AIM OF THE EXERCISE:
Set down exactly the lines below between the line holding "phase_ok (get row" and the line holding "validate_sched_ext_sequence rows = sequence_from", inclusive; no other line belongs in the answer.

*** Opening DATA FOR THE TASK ***

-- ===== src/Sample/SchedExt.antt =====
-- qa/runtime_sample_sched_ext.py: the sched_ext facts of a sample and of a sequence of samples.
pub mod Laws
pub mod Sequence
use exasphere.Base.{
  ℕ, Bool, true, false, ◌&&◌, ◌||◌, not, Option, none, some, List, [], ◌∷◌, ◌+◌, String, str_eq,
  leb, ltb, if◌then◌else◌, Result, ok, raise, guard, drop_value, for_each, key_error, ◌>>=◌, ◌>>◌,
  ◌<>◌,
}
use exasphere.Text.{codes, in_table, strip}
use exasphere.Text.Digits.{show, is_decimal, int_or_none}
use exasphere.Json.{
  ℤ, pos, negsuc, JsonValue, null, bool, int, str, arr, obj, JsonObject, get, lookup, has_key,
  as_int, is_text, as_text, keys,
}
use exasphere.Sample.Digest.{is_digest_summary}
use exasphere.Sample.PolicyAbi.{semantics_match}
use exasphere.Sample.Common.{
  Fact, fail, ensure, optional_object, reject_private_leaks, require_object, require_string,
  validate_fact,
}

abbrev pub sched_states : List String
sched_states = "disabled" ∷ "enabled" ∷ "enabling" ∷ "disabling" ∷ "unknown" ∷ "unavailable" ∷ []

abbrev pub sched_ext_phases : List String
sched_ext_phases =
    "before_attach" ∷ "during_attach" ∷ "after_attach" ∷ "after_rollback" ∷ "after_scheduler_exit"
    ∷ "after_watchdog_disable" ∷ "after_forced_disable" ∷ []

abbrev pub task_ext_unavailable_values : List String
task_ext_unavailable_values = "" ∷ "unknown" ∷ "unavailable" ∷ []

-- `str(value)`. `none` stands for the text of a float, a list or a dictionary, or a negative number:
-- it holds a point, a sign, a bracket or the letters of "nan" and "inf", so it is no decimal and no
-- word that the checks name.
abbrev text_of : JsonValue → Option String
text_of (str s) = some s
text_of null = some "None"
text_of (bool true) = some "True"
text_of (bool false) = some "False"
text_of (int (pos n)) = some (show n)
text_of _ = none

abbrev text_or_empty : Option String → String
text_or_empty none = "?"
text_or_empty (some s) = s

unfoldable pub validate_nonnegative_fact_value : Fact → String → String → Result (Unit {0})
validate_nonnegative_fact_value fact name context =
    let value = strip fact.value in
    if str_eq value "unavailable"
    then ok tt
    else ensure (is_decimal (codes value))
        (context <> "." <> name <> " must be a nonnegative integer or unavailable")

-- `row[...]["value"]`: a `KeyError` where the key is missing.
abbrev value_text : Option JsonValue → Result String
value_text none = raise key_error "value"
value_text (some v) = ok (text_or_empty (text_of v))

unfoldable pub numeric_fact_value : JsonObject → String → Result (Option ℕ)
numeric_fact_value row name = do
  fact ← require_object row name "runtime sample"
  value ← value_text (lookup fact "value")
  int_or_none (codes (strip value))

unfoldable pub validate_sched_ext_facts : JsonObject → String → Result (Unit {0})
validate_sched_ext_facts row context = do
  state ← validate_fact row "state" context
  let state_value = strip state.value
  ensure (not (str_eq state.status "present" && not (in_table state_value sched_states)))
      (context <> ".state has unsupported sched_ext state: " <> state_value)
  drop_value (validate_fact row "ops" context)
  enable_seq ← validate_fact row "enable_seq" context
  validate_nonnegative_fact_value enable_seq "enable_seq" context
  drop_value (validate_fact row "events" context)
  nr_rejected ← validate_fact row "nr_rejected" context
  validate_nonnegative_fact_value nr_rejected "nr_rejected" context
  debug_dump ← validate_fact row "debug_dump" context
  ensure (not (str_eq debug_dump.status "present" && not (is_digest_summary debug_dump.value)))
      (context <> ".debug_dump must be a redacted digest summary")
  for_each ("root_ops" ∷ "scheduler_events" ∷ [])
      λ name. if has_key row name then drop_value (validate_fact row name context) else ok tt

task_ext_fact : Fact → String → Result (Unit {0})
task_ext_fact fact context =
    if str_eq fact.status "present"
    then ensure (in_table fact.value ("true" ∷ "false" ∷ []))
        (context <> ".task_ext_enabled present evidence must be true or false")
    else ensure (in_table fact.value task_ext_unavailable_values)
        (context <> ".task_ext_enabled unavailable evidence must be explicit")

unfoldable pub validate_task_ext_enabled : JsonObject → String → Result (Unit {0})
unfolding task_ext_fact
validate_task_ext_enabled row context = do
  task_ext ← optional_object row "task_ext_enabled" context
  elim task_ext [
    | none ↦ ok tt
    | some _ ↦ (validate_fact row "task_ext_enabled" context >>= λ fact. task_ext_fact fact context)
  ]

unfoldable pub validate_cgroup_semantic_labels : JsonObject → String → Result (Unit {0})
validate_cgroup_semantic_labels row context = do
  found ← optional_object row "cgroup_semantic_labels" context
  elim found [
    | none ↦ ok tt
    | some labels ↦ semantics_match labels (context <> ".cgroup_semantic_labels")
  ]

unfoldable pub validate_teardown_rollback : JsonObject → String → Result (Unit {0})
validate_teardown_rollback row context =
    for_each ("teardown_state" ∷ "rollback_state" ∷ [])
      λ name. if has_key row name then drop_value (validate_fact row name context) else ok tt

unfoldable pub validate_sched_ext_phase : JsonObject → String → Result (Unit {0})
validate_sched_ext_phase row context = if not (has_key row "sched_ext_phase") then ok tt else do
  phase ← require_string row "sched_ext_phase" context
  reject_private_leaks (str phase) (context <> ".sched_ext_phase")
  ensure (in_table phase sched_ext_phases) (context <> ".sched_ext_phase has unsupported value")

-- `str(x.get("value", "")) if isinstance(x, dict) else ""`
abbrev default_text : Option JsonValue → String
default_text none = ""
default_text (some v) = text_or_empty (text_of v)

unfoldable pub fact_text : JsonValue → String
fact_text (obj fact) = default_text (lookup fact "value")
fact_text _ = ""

*** Closing DATA FOR THE TASK ***
*** Opening DATA FOR THE TASK ***

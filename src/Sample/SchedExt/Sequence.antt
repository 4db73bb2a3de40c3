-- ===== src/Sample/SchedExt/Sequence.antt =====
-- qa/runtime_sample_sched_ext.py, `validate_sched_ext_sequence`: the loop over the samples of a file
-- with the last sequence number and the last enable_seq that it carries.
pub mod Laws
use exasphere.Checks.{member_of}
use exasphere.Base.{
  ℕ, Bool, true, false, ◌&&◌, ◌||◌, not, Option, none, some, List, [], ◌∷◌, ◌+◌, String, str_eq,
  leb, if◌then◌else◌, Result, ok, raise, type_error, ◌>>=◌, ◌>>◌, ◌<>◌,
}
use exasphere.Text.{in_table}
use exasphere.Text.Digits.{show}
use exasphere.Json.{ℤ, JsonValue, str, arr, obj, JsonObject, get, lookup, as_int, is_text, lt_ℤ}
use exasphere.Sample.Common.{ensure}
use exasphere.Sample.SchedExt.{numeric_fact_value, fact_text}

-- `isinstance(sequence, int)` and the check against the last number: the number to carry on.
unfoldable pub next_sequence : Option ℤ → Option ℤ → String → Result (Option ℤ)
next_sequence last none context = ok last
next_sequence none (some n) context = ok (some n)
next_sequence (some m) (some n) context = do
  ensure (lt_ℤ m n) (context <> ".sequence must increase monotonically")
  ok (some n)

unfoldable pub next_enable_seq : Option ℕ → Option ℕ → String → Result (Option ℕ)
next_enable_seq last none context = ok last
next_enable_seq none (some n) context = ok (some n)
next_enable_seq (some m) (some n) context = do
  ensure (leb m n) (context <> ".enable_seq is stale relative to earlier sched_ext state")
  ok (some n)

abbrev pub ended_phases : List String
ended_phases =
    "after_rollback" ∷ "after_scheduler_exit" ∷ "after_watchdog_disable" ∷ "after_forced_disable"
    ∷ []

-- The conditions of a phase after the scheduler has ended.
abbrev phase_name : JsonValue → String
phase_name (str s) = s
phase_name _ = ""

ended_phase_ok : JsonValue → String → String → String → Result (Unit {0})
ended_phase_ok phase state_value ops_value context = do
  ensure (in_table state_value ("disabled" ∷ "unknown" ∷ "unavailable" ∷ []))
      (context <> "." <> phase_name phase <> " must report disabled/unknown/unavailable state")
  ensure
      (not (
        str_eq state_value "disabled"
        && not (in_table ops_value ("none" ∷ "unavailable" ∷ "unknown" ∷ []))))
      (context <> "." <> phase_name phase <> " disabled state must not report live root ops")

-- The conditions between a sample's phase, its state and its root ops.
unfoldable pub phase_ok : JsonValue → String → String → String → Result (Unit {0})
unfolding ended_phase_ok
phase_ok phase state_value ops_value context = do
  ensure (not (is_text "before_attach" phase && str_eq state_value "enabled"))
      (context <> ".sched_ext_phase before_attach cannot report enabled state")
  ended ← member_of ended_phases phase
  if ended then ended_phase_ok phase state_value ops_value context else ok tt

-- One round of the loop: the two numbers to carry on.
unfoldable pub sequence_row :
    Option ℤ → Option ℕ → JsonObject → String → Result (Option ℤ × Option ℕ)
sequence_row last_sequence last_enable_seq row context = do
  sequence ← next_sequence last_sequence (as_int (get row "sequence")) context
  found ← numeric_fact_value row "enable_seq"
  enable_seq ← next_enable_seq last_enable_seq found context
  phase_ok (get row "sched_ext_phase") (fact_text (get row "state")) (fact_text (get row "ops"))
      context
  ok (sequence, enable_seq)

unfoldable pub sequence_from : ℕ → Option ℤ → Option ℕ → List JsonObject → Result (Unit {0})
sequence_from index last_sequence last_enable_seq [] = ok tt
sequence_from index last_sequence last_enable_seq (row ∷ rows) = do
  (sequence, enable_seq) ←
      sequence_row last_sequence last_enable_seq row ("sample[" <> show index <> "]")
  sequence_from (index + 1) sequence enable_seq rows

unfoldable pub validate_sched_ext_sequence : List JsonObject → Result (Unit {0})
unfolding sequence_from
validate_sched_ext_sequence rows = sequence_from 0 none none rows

*** Closing DATA FOR THE TASK ***

RESULT:
  phase_ok (get row "sched_ext_phase") (fact_text (get row "state")) (fact_text (get row "ops"))
      context
  ok (sequence, enable_seq)

unfoldable pub sequence_from : ℕ → Option ℤ → Option ℕ → List JsonObject → Result (Unit {0})
sequence_from index last_sequence last_enable_seq [] = ok tt
sequence_from index last_sequence last_enable_seq (row ∷ rows) = do
  (sequence, enable_seq) ←
      sequence_row last_sequence last_enable_seq row ("sample[" <> show index <> "]")
  sequence_from (index + 1) sequence enable_seq rows

unfoldable pub validate_sched_ext_sequence : List JsonObject → Result (Unit {0})
unfolding sequence_from
validate_sched_ext_sequence rows = sequence_from 0 none none rows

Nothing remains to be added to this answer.